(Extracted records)
⁂
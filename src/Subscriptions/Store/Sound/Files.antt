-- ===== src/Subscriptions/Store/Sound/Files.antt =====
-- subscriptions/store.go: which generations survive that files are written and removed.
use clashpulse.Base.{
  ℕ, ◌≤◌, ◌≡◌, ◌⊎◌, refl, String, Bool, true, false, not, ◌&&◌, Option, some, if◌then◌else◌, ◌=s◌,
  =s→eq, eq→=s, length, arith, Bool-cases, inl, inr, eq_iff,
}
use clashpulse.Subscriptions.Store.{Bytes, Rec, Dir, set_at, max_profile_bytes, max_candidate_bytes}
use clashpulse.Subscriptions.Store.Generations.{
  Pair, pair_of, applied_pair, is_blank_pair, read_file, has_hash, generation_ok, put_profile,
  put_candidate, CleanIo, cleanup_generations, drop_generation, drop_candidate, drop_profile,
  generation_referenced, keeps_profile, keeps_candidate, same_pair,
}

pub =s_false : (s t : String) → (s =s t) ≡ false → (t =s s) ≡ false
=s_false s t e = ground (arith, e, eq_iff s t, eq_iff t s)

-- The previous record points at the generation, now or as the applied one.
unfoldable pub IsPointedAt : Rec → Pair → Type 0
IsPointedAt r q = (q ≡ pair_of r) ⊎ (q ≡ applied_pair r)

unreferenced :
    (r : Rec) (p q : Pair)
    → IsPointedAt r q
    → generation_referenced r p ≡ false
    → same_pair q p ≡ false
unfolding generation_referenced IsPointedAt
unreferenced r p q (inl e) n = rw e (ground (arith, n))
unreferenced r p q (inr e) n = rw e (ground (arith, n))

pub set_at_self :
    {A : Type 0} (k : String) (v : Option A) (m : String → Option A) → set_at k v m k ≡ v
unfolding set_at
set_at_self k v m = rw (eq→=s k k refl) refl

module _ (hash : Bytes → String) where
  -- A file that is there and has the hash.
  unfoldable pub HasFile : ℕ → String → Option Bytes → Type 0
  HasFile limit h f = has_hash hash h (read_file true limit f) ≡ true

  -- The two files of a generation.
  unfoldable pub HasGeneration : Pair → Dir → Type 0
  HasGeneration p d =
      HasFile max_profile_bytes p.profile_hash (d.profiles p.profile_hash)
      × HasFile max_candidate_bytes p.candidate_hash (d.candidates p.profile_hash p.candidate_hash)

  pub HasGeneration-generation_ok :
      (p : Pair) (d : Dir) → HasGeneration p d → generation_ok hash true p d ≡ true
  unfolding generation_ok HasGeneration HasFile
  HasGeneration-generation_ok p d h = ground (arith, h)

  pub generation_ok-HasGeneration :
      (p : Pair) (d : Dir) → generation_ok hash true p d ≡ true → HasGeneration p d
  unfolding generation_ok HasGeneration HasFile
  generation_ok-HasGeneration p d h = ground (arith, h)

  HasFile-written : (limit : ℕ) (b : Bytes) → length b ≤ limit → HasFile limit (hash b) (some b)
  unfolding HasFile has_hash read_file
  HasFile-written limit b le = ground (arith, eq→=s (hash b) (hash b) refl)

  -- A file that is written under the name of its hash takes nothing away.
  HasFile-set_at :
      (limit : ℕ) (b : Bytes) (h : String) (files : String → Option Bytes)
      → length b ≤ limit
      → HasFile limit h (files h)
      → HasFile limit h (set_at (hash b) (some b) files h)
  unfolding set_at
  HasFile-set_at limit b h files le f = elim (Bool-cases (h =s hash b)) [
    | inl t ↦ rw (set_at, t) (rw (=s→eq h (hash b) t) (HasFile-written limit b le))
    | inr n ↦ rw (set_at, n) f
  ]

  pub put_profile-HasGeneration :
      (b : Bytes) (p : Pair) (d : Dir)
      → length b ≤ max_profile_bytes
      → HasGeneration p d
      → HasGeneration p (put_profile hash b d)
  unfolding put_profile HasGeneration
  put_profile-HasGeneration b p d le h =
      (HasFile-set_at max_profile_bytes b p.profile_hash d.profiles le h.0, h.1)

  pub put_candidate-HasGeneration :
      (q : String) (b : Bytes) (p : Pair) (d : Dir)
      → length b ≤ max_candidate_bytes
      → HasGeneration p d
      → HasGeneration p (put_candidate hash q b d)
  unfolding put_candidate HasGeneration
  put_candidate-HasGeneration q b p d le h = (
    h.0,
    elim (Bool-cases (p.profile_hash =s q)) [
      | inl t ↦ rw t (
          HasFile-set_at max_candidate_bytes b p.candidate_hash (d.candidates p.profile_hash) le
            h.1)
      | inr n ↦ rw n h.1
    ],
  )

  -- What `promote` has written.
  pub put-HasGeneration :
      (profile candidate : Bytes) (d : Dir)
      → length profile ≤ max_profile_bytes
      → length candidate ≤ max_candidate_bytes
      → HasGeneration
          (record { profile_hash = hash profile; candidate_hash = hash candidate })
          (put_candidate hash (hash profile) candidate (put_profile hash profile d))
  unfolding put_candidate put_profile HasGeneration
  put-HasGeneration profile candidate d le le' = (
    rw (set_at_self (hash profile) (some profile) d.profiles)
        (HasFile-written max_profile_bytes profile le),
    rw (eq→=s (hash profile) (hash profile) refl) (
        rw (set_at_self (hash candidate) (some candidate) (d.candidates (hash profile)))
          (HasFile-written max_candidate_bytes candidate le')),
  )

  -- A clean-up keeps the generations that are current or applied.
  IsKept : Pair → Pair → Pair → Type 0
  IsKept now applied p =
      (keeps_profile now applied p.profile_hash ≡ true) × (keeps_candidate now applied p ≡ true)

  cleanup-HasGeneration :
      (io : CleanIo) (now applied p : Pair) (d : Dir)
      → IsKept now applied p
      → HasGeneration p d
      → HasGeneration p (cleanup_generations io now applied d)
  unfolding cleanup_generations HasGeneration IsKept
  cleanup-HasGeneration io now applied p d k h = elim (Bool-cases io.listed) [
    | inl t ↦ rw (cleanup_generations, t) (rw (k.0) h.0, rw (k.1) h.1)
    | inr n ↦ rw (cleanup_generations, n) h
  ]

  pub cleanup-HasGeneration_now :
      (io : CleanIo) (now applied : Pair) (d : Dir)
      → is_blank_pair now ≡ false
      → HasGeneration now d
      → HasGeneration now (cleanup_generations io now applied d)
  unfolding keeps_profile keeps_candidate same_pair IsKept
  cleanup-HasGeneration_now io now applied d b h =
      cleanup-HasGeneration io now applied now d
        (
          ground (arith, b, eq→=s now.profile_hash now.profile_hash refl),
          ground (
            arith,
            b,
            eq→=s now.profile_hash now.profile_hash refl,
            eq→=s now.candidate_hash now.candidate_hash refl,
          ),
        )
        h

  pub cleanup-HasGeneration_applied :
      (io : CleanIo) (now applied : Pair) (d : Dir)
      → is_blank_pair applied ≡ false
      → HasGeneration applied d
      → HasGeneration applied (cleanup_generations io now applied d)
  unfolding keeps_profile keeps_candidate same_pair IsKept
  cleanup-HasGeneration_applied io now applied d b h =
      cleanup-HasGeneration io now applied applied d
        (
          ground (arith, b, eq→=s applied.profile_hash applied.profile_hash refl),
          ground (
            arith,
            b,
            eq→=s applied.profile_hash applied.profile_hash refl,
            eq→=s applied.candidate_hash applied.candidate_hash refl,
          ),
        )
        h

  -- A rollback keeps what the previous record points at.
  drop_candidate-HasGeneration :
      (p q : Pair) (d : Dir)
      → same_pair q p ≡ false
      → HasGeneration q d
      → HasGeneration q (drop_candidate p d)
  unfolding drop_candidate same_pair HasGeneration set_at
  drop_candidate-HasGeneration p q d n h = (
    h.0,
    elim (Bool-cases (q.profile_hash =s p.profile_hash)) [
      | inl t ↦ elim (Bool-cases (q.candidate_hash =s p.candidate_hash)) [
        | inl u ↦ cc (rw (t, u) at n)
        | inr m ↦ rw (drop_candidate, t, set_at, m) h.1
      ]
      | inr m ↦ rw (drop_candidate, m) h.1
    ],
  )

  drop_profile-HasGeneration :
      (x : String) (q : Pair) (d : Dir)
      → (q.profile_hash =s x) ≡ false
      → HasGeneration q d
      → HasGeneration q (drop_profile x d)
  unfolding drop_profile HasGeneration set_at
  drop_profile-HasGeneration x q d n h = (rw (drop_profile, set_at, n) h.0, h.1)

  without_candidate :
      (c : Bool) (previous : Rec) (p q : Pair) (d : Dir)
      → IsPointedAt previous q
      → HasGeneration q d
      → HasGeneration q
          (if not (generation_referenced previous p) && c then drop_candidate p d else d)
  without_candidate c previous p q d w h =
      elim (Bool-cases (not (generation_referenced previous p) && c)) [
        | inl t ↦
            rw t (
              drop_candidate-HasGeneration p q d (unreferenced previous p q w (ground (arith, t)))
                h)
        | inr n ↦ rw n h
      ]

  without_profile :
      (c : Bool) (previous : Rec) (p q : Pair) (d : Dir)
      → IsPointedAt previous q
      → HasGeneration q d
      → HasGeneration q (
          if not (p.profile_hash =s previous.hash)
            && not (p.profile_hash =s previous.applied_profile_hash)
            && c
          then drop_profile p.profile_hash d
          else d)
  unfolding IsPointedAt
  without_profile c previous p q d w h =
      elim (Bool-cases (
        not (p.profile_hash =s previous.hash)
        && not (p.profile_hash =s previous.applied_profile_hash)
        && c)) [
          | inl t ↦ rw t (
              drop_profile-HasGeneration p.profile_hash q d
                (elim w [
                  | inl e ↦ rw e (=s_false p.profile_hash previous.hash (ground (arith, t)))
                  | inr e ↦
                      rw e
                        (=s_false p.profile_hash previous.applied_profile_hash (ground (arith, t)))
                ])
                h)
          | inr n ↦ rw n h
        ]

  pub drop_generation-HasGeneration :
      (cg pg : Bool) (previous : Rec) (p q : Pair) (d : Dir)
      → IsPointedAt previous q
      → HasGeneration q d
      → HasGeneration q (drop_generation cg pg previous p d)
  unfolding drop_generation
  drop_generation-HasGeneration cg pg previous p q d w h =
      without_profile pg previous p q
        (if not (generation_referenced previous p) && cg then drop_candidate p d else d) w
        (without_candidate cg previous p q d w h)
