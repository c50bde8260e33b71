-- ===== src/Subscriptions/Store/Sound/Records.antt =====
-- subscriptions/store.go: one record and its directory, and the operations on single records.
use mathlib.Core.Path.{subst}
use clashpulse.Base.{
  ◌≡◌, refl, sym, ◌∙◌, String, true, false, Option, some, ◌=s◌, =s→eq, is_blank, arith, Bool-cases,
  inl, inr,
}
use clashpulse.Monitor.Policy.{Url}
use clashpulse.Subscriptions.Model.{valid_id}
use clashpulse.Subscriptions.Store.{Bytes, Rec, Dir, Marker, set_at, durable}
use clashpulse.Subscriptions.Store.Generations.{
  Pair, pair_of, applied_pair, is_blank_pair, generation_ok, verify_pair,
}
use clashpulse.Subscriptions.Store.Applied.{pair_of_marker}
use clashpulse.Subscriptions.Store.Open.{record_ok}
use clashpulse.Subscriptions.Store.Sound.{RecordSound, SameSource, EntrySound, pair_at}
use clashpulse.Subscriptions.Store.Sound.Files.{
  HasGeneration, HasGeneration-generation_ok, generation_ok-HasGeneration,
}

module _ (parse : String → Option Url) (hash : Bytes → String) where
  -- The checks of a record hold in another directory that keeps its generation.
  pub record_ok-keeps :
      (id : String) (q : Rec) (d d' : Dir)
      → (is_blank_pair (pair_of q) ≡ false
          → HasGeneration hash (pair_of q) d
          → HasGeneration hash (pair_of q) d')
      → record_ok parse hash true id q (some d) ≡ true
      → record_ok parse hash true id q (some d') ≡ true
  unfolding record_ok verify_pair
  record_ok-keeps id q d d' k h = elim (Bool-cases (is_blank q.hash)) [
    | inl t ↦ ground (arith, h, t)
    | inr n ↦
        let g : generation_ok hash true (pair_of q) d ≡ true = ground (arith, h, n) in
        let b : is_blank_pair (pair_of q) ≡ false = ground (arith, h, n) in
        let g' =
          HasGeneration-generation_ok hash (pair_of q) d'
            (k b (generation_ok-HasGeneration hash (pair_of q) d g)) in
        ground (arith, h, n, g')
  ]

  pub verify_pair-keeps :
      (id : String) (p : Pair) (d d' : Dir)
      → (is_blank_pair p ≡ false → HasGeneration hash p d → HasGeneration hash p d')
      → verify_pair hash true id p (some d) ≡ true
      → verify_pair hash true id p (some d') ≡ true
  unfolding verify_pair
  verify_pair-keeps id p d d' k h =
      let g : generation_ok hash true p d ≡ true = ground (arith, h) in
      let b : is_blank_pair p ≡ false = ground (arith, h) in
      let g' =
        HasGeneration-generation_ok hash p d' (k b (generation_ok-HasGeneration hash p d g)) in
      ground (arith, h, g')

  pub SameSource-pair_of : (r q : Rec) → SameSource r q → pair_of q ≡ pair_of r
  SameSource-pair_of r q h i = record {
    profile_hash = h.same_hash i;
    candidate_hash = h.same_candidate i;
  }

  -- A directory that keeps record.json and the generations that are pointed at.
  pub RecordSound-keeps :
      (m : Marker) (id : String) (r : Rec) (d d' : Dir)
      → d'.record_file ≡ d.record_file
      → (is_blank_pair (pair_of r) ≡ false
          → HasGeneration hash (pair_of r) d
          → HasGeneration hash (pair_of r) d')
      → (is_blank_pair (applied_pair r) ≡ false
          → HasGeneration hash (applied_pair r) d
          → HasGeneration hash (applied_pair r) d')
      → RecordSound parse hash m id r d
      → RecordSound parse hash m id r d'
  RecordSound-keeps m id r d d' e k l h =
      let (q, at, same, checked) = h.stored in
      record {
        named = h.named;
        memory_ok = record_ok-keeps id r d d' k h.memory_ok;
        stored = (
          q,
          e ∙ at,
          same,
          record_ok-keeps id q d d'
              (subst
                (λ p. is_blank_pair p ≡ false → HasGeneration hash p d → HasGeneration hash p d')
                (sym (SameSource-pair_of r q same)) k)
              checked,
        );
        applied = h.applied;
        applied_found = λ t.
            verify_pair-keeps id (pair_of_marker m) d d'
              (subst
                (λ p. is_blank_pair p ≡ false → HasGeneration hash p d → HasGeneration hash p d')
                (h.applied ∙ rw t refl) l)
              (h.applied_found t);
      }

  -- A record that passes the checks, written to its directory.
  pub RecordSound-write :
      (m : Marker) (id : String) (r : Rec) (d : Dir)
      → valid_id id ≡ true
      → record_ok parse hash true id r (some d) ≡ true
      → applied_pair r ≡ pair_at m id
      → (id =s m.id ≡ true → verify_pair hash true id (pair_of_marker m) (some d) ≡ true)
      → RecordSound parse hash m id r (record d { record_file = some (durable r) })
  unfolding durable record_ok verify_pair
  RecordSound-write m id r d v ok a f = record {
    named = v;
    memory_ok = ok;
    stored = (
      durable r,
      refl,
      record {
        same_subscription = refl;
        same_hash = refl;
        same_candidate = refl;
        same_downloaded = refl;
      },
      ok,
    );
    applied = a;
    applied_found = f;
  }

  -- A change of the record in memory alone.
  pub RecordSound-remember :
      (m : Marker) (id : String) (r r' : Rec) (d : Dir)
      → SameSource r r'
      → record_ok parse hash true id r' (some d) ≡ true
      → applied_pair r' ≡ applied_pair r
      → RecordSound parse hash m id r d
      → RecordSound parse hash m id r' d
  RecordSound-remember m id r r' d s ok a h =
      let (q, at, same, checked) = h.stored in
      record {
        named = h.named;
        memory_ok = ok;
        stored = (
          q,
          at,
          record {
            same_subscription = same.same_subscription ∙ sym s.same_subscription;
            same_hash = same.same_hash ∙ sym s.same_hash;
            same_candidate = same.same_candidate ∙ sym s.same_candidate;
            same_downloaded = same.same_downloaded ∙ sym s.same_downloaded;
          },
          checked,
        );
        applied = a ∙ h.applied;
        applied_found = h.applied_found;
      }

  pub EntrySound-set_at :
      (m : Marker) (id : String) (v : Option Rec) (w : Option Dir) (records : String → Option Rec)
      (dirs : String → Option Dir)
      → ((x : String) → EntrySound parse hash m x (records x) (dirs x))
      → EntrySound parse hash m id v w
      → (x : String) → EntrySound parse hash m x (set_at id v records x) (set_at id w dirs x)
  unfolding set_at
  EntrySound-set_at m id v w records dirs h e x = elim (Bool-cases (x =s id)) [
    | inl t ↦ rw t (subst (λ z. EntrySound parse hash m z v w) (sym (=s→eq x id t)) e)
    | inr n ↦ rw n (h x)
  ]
⁂
▶ [EXERCISE DESCRIPTION]: Using the data above, copy each line that contains "cases".

▶ [WRITTEN RESPONSE]:
  =s→eq, eq→=s, length, arith, Bool-cases, inl, inr, eq_iff,
  HasFile-set_at limit b h files le f = elim (Bool-cases (h =s hash b)) [
    elim (Bool-cases (p.profile_hash =s q)) [
  cleanup-HasGeneration io now applied p d k h = elim (Bool-cases io.listed) [
    elim (Bool-cases (q.profile_hash =s p.profile_hash)) [
      | inl t ↦ elim (Bool-cases (q.candidate_hash =s p.candidate_hash)) [
      elim (Bool-cases (not (generation_referenced previous p) && c)) [
      elim (Bool-cases (
  ◌≡◌, refl, sym, ◌∙◌, String, true, false, Option, some, ◌=s◌, =s→eq, is_blank, arith, Bool-cases,
  record_ok-keeps id q d d' k h = elim (Bool-cases (is_blank q.hash)) [
  EntrySound-set_at m id v w records dirs h e x = elim (Bool-cases (x =s id)) [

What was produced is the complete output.